Problem statement –
Please go line by line through the material and copy each one containing the word "Unit".

Task data –
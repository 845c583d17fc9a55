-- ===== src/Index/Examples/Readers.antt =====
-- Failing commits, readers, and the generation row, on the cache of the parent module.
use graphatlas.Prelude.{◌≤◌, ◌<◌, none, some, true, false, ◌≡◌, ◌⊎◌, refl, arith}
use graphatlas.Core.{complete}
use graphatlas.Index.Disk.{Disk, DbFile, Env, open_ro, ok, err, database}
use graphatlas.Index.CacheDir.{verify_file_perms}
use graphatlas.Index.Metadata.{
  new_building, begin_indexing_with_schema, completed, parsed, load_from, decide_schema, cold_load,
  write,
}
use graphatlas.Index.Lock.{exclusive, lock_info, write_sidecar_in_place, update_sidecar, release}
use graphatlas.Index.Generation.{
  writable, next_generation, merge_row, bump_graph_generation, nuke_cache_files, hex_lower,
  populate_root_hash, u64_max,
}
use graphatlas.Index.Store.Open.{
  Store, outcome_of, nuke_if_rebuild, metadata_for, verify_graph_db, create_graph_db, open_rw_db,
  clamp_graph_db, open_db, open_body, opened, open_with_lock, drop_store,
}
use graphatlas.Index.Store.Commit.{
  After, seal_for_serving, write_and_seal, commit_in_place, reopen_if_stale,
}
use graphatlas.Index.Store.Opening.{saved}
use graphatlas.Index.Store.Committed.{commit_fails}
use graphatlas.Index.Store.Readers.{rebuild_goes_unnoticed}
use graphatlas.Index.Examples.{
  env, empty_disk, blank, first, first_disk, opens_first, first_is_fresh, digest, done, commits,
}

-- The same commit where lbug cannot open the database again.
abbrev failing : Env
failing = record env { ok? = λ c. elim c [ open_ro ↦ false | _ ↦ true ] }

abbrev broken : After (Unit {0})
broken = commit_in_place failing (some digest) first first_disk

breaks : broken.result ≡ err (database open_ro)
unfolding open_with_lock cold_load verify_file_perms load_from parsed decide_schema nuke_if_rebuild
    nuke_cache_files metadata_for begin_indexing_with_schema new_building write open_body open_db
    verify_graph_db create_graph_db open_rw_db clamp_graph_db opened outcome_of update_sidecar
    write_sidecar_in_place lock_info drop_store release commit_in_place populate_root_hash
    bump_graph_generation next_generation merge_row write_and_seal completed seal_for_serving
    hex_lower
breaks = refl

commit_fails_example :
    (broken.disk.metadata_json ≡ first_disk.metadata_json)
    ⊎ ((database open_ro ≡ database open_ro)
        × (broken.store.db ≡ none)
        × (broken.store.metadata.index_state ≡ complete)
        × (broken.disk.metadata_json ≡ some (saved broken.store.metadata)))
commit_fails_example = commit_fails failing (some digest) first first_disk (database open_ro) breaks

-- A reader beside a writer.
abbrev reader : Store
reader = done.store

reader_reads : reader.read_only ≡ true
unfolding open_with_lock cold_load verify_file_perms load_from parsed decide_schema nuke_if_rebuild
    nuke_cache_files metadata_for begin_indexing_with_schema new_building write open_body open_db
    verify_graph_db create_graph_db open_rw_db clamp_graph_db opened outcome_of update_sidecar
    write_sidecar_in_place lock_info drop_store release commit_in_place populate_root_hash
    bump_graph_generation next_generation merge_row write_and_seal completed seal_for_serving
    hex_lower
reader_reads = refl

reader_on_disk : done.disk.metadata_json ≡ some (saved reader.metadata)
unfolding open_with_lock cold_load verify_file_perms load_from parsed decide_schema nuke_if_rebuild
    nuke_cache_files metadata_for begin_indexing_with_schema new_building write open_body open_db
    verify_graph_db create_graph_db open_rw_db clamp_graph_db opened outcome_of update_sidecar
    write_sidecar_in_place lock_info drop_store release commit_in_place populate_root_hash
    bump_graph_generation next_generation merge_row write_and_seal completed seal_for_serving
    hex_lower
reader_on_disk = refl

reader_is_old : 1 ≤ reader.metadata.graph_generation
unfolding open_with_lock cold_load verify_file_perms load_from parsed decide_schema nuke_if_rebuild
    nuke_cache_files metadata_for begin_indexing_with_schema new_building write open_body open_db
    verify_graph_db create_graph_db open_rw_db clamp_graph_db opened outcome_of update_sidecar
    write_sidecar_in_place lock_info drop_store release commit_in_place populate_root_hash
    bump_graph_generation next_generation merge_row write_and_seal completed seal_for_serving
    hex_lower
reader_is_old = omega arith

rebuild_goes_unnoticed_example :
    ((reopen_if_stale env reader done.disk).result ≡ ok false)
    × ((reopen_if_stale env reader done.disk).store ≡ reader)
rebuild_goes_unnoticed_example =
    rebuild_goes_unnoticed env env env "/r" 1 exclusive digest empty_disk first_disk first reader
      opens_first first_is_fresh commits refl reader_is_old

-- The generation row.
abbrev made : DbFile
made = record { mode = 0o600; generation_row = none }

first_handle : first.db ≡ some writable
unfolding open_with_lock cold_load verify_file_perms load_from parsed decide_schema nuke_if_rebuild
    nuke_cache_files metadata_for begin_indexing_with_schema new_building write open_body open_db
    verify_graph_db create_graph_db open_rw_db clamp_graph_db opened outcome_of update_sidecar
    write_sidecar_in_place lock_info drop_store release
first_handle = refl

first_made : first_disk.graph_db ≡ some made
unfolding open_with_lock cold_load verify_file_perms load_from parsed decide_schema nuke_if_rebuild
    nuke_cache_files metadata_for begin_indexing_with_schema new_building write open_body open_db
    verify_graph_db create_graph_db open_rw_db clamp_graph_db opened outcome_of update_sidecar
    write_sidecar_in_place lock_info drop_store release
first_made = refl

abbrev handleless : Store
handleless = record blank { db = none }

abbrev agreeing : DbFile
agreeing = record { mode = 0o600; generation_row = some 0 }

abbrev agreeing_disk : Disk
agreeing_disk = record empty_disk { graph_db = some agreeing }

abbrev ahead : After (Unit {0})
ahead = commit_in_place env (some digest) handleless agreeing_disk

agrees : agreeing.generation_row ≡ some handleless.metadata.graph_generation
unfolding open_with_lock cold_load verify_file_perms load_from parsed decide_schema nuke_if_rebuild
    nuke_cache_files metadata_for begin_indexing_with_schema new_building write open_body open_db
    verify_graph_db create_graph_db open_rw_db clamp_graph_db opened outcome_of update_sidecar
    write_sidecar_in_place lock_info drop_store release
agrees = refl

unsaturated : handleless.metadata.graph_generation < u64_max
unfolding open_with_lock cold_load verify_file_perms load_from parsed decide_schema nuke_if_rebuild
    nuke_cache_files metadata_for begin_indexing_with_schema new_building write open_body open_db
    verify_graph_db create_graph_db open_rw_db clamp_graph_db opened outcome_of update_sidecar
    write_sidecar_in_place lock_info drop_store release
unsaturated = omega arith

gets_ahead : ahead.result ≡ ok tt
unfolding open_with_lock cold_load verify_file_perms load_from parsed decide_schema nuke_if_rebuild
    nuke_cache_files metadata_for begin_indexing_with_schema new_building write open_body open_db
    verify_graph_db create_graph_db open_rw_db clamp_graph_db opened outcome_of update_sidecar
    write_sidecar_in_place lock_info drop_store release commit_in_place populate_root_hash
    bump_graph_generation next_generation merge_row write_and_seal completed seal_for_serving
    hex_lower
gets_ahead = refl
--
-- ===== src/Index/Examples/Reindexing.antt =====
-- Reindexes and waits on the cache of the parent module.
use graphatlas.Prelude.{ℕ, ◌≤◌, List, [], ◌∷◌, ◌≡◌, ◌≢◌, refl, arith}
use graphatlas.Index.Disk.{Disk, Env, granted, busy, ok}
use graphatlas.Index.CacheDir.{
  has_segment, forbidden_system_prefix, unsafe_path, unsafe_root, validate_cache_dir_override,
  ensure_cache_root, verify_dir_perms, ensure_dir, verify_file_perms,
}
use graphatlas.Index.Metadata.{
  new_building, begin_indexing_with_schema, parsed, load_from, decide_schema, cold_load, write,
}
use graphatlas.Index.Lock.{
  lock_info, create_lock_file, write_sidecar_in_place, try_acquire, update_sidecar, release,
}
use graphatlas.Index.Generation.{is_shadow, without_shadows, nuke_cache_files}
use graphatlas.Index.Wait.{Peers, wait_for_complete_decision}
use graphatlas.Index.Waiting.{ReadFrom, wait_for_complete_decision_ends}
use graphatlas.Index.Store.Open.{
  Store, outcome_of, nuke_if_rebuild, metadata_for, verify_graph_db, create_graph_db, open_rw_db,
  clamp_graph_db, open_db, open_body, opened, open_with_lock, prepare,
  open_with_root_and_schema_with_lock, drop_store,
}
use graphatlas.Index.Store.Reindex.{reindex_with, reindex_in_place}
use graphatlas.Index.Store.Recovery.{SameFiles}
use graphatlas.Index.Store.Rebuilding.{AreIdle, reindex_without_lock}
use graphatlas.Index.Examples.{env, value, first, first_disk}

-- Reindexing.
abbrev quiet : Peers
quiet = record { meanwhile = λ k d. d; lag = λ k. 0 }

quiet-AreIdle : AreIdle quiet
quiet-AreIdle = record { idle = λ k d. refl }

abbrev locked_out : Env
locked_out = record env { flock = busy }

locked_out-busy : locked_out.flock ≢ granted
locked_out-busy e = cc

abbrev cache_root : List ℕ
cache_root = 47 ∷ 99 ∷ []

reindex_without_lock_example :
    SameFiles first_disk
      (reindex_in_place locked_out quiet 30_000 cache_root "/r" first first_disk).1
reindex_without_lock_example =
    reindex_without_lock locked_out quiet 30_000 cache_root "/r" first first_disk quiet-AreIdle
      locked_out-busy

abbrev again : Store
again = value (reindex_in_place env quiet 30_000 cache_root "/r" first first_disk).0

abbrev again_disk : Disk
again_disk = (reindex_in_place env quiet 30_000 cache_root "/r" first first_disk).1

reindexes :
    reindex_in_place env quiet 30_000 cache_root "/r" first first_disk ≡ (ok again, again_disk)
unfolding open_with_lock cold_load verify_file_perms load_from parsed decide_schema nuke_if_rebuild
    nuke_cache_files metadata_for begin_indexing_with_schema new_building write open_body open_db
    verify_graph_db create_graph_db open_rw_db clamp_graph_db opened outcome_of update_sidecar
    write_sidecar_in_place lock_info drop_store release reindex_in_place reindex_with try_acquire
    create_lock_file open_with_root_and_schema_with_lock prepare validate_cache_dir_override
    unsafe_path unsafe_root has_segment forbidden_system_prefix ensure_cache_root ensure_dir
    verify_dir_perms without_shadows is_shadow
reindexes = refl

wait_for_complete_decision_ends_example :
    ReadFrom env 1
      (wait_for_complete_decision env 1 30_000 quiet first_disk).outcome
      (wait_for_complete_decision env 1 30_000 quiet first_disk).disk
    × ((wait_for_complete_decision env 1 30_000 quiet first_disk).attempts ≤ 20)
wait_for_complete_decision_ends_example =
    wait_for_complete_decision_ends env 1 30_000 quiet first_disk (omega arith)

Your response –
abbrev broken : After (Unit {0})
abbrev ahead : After (Unit {0})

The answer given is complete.